Repeat only the stretch of lines below that runs from the line with "-- The loop of pmm_alloc_pages." through the line with "unfoldable pub region_set_used", unaltered.

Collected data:
----
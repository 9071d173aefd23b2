-- ===== src/Wire/Tests.antt =====
-- Commands and replies on concrete bytes (src/usbip.c).
use usbip_c.Base.{◌≡◌, refl, List, [], ◌∷◌, ◌++◌, none, some, arith, map, ◌==◌, if◌then◌else◌}
use usbip_c.Wire.Header.{IsoPkt, usb_in, usb_out, usb_iso}
use usbip_c.Wire.Stream.{ok, fault}
use usbip_c.Wire.Command
use usbip_c.Wire.Command.{Urb}
use usbip_c.Wire.HeaderLaws.{submit_hdr, submitted}
use usbip_c.Wire.RoundTrip.{submit_out, direction_fault}
use usbip_c.Wire.IsoRoundTrip.{submit_iso_in, submit_iso_out}
use usbip_c.Wire.Reply.{send_ret, client_receive, client_code}
use usbip_c.Wire.ReplyLaws.{receive_in}

abbrev garbage : Urb
garbage = record {
  command = 9;
  seqnum = 9;
  devid = 9;
  direction = 9;
  ep = 9;
  flags = 9;
  unlink_seqnum = 9;
  length = 9;
  interval = 9;
  number_of_packets = 9;
  iso = [];
  setup = [];
  data_bytes = none;
  data_len = 9;
}

-- a device whose endpoint 3 is isochronous, both ways
abbrev eps : Command.EpMap
eps ep dir = if ep == 3 then some usb_iso else none

abbrev pkts : List IsoPkt
pkts =
    record { offset = 0; length = 2; actual_length = 0; status = 0 }
    ∷ record { offset = 4; length = 1; actual_length = 7; status = 7 }
    ∷ []

submit_out_example :
    Command.read_cmd eps garbage
      (Command.client_submit 7 65538 usb_out 2 none 0 (1 ∷ 2 ∷ 3 ∷ []) 3 ++ (255 ∷ []))
    ≡ ok (
      record (submitted garbage 7 65538 usb_out 2 0 0 3 none) {
        data_bytes = some (1 ∷ 2 ∷ 3 ∷ []);
        data_len = 3;
      },
      255 ∷ [],
    )
submit_out_example =
    submit_out eps garbage 7 65538 2 0 3 none (1 ∷ 2 ∷ 3 ∷ []) (255 ∷ []) (omega arith)
      (omega arith) (omega arith) (omega arith) (omega arith) (omega arith) refl refl

submit_iso_in_example :
    Command.read_cmd eps garbage
      (Command.client_submit_iso 9 65538 usb_in 3 1 [] pkts ++ (255 ∷ []))
    ≡ ok (
      record (submitted garbage 9 65538 usb_in 3 1 2 (Command.total_length pkts) none) {
        iso = map Command.as_request pkts;
      },
      255 ∷ [],
    )
submit_iso_in_example =
    submit_iso_in eps garbage 9 65538 3 1 pkts [] (255 ∷ []) (omega arith) (omega arith)
      (omega arith) (omega arith) (omega arith) (omega arith)
      (
        (omega arith, omega arith, omega arith, omega arith),
        ((omega arith, omega arith, omega arith, omega arith), tt),
      )
      (unfold Command.total_length in omega arith) refl

submit_iso_out_example :
    Command.read_cmd eps garbage
      (Command.client_submit_iso 9 65538 usb_out 3 1 (1 ∷ 2 ∷ 3 ∷ 4 ∷ 5 ∷ []) pkts ++ (255 ∷ []))
    ≡ ok (
      record (submitted garbage 9 65538 usb_out 3 1 2 (Command.total_length pkts) none) {
        iso = map Command.as_request pkts;
        data_bytes = some (Command.gather_out pkts (1 ∷ 2 ∷ 3 ∷ 4 ∷ 5 ∷ []));
        data_len = Command.total_length pkts;
      },
      255 ∷ [],
    )
submit_iso_out_example =
    submit_iso_out eps garbage 9 65538 3 1 pkts (1 ∷ 2 ∷ 3 ∷ 4 ∷ 5 ∷ []) (255 ∷ []) (omega arith)
      (omega arith) (omega arith) (omega arith) (omega arith) (omega arith)
      (
        (omega arith, omega arith, omega arith, omega arith),
        ((omega arith, omega arith, omega arith, omega arith), tt),
      )
      (unfold Command.total_length in omega arith) refl (unfold Command.total_length in omega arith)
      (unfold Command.total_length Command.gather_out in refl)

direction_fault_example :
    Command.read_cmd eps garbage (submit_hdr 7 65538 2 1 0 0 0 none ++ []) ≡ fault
direction_fault_example =
    direction_fault eps garbage 7 65538 2 1 0 0 0 none [] (omega arith) (omega arith) (omega arith)
      (omega arith) (omega arith) (omega arith) (omega arith) (omega arith) refl

receive_in_example :
    client_receive usb_in 2 (send_ret 7 65538 usb_in 1 0 (1 ∷ 2 ∷ 3 ∷ []) 3 ++ (255 ∷ []))
    ≡ ok (record { code = client_code 0; actual = 2; bytes = 1 ∷ 2 ∷ [] }, 255 ∷ [])
receive_in_example =
    receive_in 7 65538 1 0 3 2 (1 ∷ 2 ∷ 3 ∷ []) (255 ∷ []) (omega arith) (omega arith) (omega arith)
      refl
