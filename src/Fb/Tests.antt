-- ===== src/Fb/Tests.antt =====
-- Runs of the console's theorems on a screen of 2 columns and 2 rows.
use apsyde.Common.{ℕ, ◌+◌, ◌/◌, ◌%◌, ◌≡◌, refl, true, arith}
use apsyde.Fb.{Fb, fb_putc}
use apsyde.Fb.Frame.{Console}
use apsyde.Fb.Utf8.{finish, fb_putc-three_bytes}
use apsyde.Fb.Cursor.{fb_putc-Console}

abbrev plain_font : ℕ → ℕ → ℕ
plain_font ch row = ch

abbrev small : Fb
small = record {
  pixels = λ i. 7;
  width = 16;
  height = 32;
  pitch = 20;
  format = 0;
  enabled = true;
  col = 1;
  row = 1;
  cols = 2;
  rows = 2;
  pending = 0;
  expect = 0;
}

fb_putc-three_bytes_example :
    fb_putc plain_font (0x80 + 0x2116 % 64) (
      fb_putc plain_font
        (0x80 + 0x2116 / 64 % 64)
        (fb_putc plain_font (0xe0 + 0x2116 / 4096) small))
    ≡ finish plain_font 0x2116 (0x2116 / 64) small
fb_putc-three_bytes_example =
    fb_putc-three_bytes plain_font 0x2116 small refl refl (omega arith) (omega arith)

small-Console : Console 16 32 20 2 2 (λ i. 7) small
small-Console = (
  1,
  1,
  omega arith,
  omega arith,
  record {
    width_is = refl;
    height_is = refl;
    pitch_is = refl;
    cols_is = refl;
    rows_is = refl;
    col_is = refl;
    row_is = refl;
    outside = λ i out. refl;
  },
)

fb_putc-Console_example : Console 16 32 20 2 2 (λ i. 7) (fb_putc plain_font b'A' small)
fb_putc-Console_example =
    fb_putc-Console 16 32 20 2 2 (λ i. 7) (omega arith) (omega arith) (omega arith) (omega arith)
      (omega arith) (omega arith) (omega arith) (omega arith) plain_font b'A' small small-Console
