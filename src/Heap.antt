-- ===== src/Heap.antt =====
-- kernel/mm/heap.c, heap.h and kmalloc.c: the kernel's heap, blocks of memory that lie one after
-- the other behind headers of 32 bytes, the free ones in a linked list.
pub mod State
pub mod Ops
pub mod Stats
pub mod Segs
pub mod Counts
pub mod Search
pub mod Shape
pub mod Merge
pub mod Invariant
pub mod Alloc
pub mod Request
pub mod Answer
pub mod Walk
pub mod Free
pub mod Misuse
pub mod Sliver
pub mod Report
pub mod Calloc
pub mod Start
mod Tests
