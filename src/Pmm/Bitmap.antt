-- ===== src/Pmm/Bitmap.antt =====
-- The bitmap of pmm.c: bitmap_test, bitmap_set, bitmap_clear on `g_bitmap`, a byte array.
-- The array is a function from indices to bytes; that each index lies below its size is proved.
pub mod Laws
pub mod Count
use apsyde.Common.{
  ℕ, zero, suc, ◌+◌, ◌-◌, ◌^◌, Bool, bit_and, bit_or, u8, ◌<<<◌, ◌>>>◌, ◌==◌, if◌then◌else◌,
}

abbrev pub Bitmap : Type 0
Bitmap = ℕ → ℕ

-- `sizeof(g_bitmap)`
abbrev pub bitmap_size : ℕ
bitmap_size = 131072

abbrev pub store : Bitmap → ℕ → ℕ → Bitmap
store bm i v j = if i == j then v else bm j

-- The `int` 0 or 1 of the source is a Bool.
unfoldable pub bitmap_test : Bitmap → ℕ → Bool
bitmap_test bm idx = bit_and (bm (idx >>> 3) >>> bit_and idx 7) 1 == 1

unfoldable pub bitmap_set : Bitmap → ℕ → Bitmap
bitmap_set bm idx = store bm (idx >>> 3) (u8 (bit_or (bm (idx >>> 3)) (1 <<< bit_and idx 7)))

-- `~(1u << k)` is a 32-bit complement.
unfoldable pub bitmap_clear : Bitmap → ℕ → Bitmap
bitmap_clear bm idx =
    store bm (idx >>> 3) (u8 (bit_and (bm (idx >>> 3)) (2 ^ 32 - 1 - 1 <<< bit_and idx 7)))

-- `for (j = 0; j < n; j++) bitmap_set(start + j);`
unfoldable pub set_bits : ℕ → ℕ → Bitmap → Bitmap
set_bits zero start bm = bm
set_bits (suc n) start bm = set_bits n (start + 1) (bitmap_set bm start)
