-- ===== src/Pmm/State.antt =====
-- The static state of pmm.c, its address arithmetic and its statistics functions.
use apsyde.Common.{
  ℕ, ◌+◌, ◌-◌, ◌*◌, ◌/◌, Option, none, some, List, not, ◌||◌, bit_and, u64, sub64, ltb, leb, ◌==◌,
  if◌then◌else◌,
}
use apsyde.Pmm.Bitmap.{Bitmap}

abbrev pub page_size : ℕ
page_size = 4096

-- The null pointer.
abbrev pub null : ℕ
null = 0

-- `pmm_region_t`; `type` is `kind` here.
pub record Region : Type 0 where
  pub base : ℕ
  pub pages : ℕ
  pub kind : ℕ
  pub flags : ℕ

-- The table `g_regions` is the list of its first `g_region_count` entries.
pub record Pmm : Type 0 where
  pub bitmap : Bitmap
  pub bitmap_pages : ℕ
  pub regions : List Region
  pub total_pages : ℕ
  pub free_pages : ℕ
  pub cover_lo : ℕ
  pub cover_hi : ℕ

-- `none` is -1. The quotient is below 2^52, so the cast to `int64_t` keeps it.
unfoldable pub phys_to_bit : Pmm → ℕ → Option ℕ
phys_to_bit s phys =
    if ltb phys s.cover_lo || leb s.cover_hi phys
    then none
    else if not (bit_and phys (page_size - 1) == 0)
    then none
    else some (sub64 phys s.cover_lo / page_size)

unfoldable pub bit_to_phys : Pmm → ℕ → ℕ
bit_to_phys s bit = u64 (s.cover_lo + u64 (bit * page_size))

unfoldable pub stat_total_pages : Pmm → ℕ
stat_total_pages s = s.total_pages

unfoldable pub stat_free_pages : Pmm → ℕ
stat_free_pages s = s.free_pages

unfoldable pub stat_used_pages : Pmm → ℕ
stat_used_pages s = sub64 s.total_pages s.free_pages

unfoldable pub stat_total_bytes : Pmm → ℕ
stat_total_bytes s = u64 (s.total_pages * page_size)

unfoldable pub stat_free_bytes : Pmm → ℕ
stat_free_bytes s = u64 (s.free_pages * page_size)
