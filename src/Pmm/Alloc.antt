-- ===== src/Pmm/Alloc.antt =====
-- pmm_alloc_page(s), pmm_free_page(s) and pmm_region_set_used. Each returns the new state; a pointer
-- is a number, and NULL is 0. A loop recurs on the rounds that are left.
pub mod FirstFit
pub mod Runs
pub mod Free
pub mod Reuse
use apsyde.Common.{
  ℕ, zero, suc, ◌+◌, ◌-◌, none, some, Bool, not, ◌&&◌, bit_and, u64, sub64, ltb, leb, ◌==◌,
  if◌then◌else◌,
}
use apsyde.Pmm.Bitmap.{bitmap_test, bitmap_set, bitmap_clear, set_bits}
use apsyde.Pmm.State.{Pmm, null, phys_to_bit, bit_to_phys}

-- The loop of pmm_alloc_page at index `i`, with `left` rounds left.
unfoldable pub alloc_page_from : ℕ → ℕ → Pmm → ℕ × Pmm
alloc_page_from zero i s = (null, s)
alloc_page_from (suc left) i s =
    let rest = alloc_page_from left (i + 1) s in
    if not (bitmap_test s.bitmap i)
    then (
      bit_to_phys s i,
      record s { bitmap = bitmap_set s.bitmap i; free_pages = sub64 s.free_pages 1 },
    )
    else rest

unfoldable pub alloc_page : Pmm → ℕ × Pmm
alloc_page s = if s.free_pages == 0 then (null, s) else alloc_page_from s.bitmap_pages 0 s

-- The loop of pmm_alloc_pages.
unfoldable pub alloc_pages_from : ℕ → ℕ → ℕ → ℕ → Pmm → ℕ × Pmm
alloc_pages_from count zero i run s = (null, s)
alloc_pages_from count (suc left) i run s =
    let skip = alloc_pages_from count left (i + 1) 0 s in
    let more = alloc_pages_from count left (i + 1) (run + 1) s in
    let start = i + 1 - count in
    if bitmap_test s.bitmap i
    then skip
    else if run + 1 == count
    then (
      bit_to_phys s start,
      record s { bitmap = set_bits count start s.bitmap; free_pages = sub64 s.free_pages count },
    )
    else more

unfoldable pub alloc_pages : ℕ → Pmm → ℕ × Pmm
alloc_pages count s =
    if count == 0
    then (null, s)
    else if count == 1
    then alloc_page s
    else if ltb s.free_pages count
    then (null, s)
    else alloc_pages_from count s.bitmap_pages 0 0 s

-- The loop of pmm_free_pages at bit `b`.
unfoldable pub free_pages_from : ℕ → ℕ → Pmm → Pmm
free_pages_from zero b s = s
free_pages_from (suc left) b s =
    let s' =
      (if bitmap_test s.bitmap b
        then record s { bitmap = bitmap_clear s.bitmap b; free_pages = u64 (s.free_pages + 1) }
        else s) in
    let rest = free_pages_from left (b + 1) s' in if leb s.bitmap_pages b then s else rest

unfoldable pub free_pages : ℕ → ℕ → Pmm → Pmm
free_pages phys count s =
    if phys == null
    then s
    else if count == 0
    then s
    else elim (phys_to_bit s phys) [ none ↦ s | some bit ↦ free_pages_from count bit s ]

unfoldable pub free_page : ℕ → Pmm → Pmm
free_page phys s = free_pages phys 1 s

-- The body and the loop of pmm_region_set_used.
unfoldable pub set_used_step : Bool → ℕ → Pmm → Pmm
set_used_step used b s =
    if used && not (bitmap_test s.bitmap b)
    then record s { bitmap = bitmap_set s.bitmap b; free_pages = sub64 s.free_pages 1 }
    else if not used && bitmap_test s.bitmap b
    then record s { bitmap = bitmap_clear s.bitmap b; free_pages = u64 (s.free_pages + 1) }
    else s

unfoldable pub set_used_from : Bool → ℕ → ℕ → Pmm → Pmm
set_used_from used zero b s = s
set_used_from used (suc left) b s =
    let rest = set_used_from used left (b + 1) (set_used_step used b s) in
    if leb s.bitmap_pages b then s else rest

unfoldable pub region_set_used : ℕ → ℕ → Bool → Pmm → Pmm
region_set_used base pages used s = elim (phys_to_bit s (bit_and base (0xffff_ffff_ffff_f000))) [
  | none ↦ s
  | some bit ↦ set_used_from used pages bit s
]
----
- Result -
-- The loop of pmm_alloc_pages.
unfoldable pub alloc_pages_from : ℕ → ℕ → ℕ → ℕ → Pmm → ℕ × Pmm
alloc_pages_from count zero i run s = (null, s)
alloc_pages_from count (suc left) i run s =
    let skip = alloc_pages_from count left (i + 1) 0 s in
    let more = alloc_pages_from count left (i + 1) (run + 1) s in
    let start = i + 1 - count in
    if bitmap_test s.bitmap i
    then skip
    else if run + 1 == count
    then (
      bit_to_phys s start,
      record s { bitmap = set_bits count start s.bitmap; free_pages = sub64 s.free_pages count },
    )
    else more

unfoldable pub alloc_pages : ℕ → Pmm → ℕ × Pmm
alloc_pages count s =
    if count == 0
    then (null, s)
    else if count == 1
    then alloc_page s
    else if ltb s.free_pages count
    then (null, s)
    else alloc_pages_from count s.bitmap_pages 0 0 s

-- The loop of pmm_free_pages at bit `b`.
unfoldable pub free_pages_from : ℕ → ℕ → Pmm → Pmm
free_pages_from zero b s = s
free_pages_from (suc left) b s =
    let s' =
      (if bitmap_test s.bitmap b
        then record s { bitmap = bitmap_clear s.bitmap b; free_pages = u64 (s.free_pages + 1) }
        else s) in
    let rest = free_pages_from left (b + 1) s' in if leb s.bitmap_pages b then s else rest

unfoldable pub free_pages : ℕ → ℕ → Pmm → Pmm
free_pages phys count s =
    if phys == null
    then s
    else if count == 0
    then s
    else elim (phys_to_bit s phys) [ none ↦ s | some bit ↦ free_pages_from count bit s ]

unfoldable pub free_page : ℕ → Pmm → Pmm
free_page phys s = free_pages phys 1 s

-- The body and the loop of pmm_region_set_used.
unfoldable pub set_used_step : Bool → ℕ → Pmm → Pmm
set_used_step used b s =
    if used && not (bitmap_test s.bitmap b)
    then record s { bitmap = bitmap_set s.bitmap b; free_pages = sub64 s.free_pages 1 }
    else if not used && bitmap_test s.bitmap b
    then record s { bitmap = bitmap_clear s.bitmap b; free_pages = u64 (s.free_pages + 1) }
    else s

unfoldable pub set_used_from : Bool → ℕ → ℕ → Pmm → Pmm
set_used_from used zero b s = s
set_used_from used (suc left) b s =
    let rest = set_used_from used left (b + 1) (set_used_step used b s) in
    if leb s.bitmap_pages b then s else rest

unfoldable pub region_set_used : ℕ → ℕ → Bool → Pmm → Pmm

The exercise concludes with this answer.